(Dataset extract):
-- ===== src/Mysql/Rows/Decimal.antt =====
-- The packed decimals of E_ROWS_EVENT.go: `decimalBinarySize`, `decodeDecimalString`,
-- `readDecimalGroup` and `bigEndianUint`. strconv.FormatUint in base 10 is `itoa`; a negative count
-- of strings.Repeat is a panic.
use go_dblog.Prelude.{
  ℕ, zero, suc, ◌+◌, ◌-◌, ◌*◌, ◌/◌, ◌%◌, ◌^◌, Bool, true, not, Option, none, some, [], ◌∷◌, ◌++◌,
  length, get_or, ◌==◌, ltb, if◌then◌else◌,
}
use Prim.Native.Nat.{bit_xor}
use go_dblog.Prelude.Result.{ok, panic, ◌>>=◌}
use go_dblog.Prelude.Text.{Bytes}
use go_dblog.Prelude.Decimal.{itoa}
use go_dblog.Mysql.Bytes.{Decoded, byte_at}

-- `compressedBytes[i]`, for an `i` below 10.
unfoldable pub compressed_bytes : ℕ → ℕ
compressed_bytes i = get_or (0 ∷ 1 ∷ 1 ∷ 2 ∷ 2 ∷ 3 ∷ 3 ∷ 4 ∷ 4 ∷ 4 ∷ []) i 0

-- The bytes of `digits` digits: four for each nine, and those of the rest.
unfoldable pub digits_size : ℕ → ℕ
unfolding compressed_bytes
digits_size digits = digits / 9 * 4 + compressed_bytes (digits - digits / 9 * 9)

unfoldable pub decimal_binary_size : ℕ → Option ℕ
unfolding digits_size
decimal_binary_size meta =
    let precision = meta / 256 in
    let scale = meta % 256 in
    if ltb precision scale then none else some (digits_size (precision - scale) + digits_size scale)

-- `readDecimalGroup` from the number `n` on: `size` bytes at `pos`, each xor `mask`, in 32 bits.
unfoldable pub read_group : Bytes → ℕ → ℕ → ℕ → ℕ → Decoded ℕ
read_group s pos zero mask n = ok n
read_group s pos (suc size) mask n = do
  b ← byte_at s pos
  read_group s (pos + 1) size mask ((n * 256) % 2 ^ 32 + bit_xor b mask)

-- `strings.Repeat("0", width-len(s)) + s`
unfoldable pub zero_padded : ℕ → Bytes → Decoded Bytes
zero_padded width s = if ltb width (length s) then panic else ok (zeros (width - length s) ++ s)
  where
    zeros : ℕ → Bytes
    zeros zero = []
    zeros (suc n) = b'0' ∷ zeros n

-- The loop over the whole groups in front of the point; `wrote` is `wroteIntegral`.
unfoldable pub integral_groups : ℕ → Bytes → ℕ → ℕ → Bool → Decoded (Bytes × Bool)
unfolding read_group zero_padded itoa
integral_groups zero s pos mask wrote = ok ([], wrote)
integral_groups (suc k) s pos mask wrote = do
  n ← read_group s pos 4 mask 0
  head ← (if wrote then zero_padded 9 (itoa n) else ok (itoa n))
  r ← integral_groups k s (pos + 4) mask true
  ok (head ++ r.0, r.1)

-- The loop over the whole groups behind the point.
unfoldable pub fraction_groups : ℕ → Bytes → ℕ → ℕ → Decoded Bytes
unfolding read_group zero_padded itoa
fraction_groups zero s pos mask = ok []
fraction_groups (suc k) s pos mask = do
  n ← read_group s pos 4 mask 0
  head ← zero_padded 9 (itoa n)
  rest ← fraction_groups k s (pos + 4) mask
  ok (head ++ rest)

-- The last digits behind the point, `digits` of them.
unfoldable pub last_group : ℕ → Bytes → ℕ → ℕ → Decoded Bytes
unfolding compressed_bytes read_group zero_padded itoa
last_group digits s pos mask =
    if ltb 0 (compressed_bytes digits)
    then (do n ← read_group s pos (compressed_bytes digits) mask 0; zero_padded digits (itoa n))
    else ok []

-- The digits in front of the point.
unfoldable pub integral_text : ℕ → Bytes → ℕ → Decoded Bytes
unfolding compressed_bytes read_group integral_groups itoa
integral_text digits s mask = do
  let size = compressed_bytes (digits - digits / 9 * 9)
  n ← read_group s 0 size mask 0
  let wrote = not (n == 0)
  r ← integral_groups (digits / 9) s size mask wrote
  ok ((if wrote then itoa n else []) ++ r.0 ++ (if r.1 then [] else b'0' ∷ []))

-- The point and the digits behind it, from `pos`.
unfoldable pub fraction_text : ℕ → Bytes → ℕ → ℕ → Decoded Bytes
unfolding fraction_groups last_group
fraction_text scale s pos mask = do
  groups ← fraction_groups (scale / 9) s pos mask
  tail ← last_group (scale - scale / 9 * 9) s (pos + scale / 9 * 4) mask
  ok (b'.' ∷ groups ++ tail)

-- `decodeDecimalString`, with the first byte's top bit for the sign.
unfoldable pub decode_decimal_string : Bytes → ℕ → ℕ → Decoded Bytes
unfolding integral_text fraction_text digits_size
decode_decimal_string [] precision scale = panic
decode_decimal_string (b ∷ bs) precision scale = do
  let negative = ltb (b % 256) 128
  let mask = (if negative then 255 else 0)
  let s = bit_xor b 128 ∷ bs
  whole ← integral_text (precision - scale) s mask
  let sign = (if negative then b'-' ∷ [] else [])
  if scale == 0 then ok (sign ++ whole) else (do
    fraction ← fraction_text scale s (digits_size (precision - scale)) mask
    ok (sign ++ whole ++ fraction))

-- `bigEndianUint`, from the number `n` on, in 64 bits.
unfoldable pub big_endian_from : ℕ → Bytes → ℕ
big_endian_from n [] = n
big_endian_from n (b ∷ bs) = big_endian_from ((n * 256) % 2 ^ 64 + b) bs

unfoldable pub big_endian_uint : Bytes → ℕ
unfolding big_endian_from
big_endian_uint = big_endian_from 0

* * *

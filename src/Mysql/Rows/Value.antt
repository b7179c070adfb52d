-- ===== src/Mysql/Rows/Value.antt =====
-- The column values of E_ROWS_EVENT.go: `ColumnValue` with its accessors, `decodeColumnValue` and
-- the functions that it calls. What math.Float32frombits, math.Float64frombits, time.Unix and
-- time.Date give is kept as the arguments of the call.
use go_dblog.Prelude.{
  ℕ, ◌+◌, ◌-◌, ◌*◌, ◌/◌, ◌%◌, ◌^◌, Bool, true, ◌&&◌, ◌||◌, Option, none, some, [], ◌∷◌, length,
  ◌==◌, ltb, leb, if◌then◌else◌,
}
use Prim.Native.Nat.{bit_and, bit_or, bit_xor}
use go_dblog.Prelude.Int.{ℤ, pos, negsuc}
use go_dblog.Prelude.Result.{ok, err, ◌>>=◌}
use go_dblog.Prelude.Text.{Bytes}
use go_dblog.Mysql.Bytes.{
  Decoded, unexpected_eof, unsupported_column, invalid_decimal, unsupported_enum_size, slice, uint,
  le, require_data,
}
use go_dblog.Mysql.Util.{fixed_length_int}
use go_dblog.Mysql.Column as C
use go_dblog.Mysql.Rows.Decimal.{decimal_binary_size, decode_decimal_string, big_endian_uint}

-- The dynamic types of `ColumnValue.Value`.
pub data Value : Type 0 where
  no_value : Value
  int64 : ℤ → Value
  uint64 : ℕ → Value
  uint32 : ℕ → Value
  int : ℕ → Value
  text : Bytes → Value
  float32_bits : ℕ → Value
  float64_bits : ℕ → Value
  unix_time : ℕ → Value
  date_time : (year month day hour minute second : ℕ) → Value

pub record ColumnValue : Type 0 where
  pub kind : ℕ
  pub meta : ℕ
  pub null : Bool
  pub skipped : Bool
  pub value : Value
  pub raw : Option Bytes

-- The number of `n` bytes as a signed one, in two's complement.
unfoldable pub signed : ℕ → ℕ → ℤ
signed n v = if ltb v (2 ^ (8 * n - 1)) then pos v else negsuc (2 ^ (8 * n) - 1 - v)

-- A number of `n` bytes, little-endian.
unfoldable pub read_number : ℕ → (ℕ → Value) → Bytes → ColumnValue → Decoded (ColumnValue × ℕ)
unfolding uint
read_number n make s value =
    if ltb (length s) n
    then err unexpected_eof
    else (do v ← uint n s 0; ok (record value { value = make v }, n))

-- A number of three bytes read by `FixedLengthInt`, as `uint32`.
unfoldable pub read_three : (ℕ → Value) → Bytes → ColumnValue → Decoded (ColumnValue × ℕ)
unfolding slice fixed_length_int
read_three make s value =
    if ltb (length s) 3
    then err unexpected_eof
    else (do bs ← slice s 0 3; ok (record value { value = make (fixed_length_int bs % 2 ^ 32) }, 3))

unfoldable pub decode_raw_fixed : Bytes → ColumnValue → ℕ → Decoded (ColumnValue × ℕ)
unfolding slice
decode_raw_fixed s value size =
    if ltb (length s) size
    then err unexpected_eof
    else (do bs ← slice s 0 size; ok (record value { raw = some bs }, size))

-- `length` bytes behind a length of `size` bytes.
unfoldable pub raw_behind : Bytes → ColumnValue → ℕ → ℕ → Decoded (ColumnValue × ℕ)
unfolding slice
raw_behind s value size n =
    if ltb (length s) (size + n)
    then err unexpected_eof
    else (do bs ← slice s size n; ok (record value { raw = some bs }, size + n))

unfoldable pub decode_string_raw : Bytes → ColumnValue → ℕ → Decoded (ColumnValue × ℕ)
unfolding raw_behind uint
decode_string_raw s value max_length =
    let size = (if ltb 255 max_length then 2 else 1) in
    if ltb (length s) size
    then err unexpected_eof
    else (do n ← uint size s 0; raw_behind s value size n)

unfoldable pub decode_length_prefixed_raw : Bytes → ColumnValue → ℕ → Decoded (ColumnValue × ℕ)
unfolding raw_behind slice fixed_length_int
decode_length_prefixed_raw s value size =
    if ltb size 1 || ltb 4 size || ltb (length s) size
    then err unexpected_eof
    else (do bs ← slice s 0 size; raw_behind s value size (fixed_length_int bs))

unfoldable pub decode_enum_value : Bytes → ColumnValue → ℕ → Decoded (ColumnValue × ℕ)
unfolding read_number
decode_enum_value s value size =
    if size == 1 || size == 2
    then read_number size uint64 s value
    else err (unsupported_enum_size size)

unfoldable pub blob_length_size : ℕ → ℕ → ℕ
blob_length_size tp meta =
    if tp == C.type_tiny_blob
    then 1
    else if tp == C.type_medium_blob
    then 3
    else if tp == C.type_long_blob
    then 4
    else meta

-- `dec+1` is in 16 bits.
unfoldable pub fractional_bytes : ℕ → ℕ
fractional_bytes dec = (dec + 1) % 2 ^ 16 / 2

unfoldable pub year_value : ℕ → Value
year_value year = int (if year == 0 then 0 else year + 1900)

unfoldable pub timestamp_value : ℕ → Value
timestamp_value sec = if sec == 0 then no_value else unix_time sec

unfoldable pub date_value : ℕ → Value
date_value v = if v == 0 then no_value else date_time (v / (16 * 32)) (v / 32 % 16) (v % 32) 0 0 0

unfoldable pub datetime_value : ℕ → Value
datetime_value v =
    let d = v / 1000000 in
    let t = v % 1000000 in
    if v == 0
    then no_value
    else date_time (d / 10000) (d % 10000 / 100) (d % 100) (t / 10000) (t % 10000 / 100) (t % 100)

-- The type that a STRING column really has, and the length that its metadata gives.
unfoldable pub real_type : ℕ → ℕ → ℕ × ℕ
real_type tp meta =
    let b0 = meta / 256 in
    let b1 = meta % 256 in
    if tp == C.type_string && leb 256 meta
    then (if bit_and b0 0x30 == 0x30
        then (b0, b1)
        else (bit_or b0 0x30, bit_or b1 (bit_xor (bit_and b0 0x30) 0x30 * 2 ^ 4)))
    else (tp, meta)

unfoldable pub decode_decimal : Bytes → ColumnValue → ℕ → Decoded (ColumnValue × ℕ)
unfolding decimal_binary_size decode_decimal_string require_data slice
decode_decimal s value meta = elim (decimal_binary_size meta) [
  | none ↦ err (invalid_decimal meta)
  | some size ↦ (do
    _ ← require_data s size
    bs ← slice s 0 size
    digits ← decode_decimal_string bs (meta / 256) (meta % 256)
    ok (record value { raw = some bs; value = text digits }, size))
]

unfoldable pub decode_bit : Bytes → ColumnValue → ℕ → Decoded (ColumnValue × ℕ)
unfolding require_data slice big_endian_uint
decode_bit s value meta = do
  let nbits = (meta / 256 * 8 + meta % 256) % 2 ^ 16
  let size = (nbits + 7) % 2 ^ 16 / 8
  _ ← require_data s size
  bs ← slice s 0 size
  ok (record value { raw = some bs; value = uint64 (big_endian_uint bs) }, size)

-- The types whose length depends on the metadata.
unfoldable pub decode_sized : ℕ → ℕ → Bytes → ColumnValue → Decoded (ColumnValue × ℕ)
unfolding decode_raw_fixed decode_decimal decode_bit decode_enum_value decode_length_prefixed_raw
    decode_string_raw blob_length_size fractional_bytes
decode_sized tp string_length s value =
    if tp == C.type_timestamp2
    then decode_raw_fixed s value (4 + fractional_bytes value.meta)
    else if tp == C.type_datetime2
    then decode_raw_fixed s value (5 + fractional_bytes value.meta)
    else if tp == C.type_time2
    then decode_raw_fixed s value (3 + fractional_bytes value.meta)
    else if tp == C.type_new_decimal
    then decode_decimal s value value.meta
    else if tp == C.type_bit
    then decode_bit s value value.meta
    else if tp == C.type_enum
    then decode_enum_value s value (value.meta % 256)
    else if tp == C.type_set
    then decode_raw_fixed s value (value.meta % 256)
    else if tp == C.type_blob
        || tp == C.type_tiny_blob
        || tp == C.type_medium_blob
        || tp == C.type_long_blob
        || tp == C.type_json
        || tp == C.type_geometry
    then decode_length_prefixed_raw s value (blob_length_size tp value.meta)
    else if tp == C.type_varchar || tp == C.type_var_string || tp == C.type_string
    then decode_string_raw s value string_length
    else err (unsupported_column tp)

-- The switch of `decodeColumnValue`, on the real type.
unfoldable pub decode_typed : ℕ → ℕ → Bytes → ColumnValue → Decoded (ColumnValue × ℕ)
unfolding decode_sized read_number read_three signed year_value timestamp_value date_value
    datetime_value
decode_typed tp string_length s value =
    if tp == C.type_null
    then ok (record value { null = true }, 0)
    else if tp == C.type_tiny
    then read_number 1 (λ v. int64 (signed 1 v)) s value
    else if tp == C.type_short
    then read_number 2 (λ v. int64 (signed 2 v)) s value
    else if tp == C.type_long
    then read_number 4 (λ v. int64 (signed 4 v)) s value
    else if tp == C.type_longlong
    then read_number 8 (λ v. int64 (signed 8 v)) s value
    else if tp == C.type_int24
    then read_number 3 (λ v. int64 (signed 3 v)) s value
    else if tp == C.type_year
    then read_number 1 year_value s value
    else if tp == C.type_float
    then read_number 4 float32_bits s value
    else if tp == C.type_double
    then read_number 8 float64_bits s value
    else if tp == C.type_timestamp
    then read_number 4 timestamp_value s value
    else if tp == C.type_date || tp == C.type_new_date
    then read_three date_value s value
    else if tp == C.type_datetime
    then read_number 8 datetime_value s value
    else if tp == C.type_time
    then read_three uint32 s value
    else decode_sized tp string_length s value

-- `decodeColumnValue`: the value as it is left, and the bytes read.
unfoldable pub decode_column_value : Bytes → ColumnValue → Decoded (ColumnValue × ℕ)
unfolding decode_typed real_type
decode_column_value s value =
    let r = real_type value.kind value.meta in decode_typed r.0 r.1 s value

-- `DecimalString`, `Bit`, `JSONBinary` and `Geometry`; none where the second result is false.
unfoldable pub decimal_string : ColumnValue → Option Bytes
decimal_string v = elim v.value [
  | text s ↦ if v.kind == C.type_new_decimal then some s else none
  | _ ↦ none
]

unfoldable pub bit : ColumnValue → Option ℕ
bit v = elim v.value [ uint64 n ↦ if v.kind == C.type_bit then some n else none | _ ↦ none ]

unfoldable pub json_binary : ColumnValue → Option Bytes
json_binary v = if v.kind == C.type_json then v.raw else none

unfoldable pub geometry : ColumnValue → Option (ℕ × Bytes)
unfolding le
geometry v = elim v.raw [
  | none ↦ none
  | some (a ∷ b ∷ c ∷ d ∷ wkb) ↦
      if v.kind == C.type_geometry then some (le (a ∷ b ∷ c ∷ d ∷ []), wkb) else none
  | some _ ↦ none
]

(Task requirements): Count the lines of the data that hold the string "rest", and give that number as the entire reply.

(Solution for this exercise): 3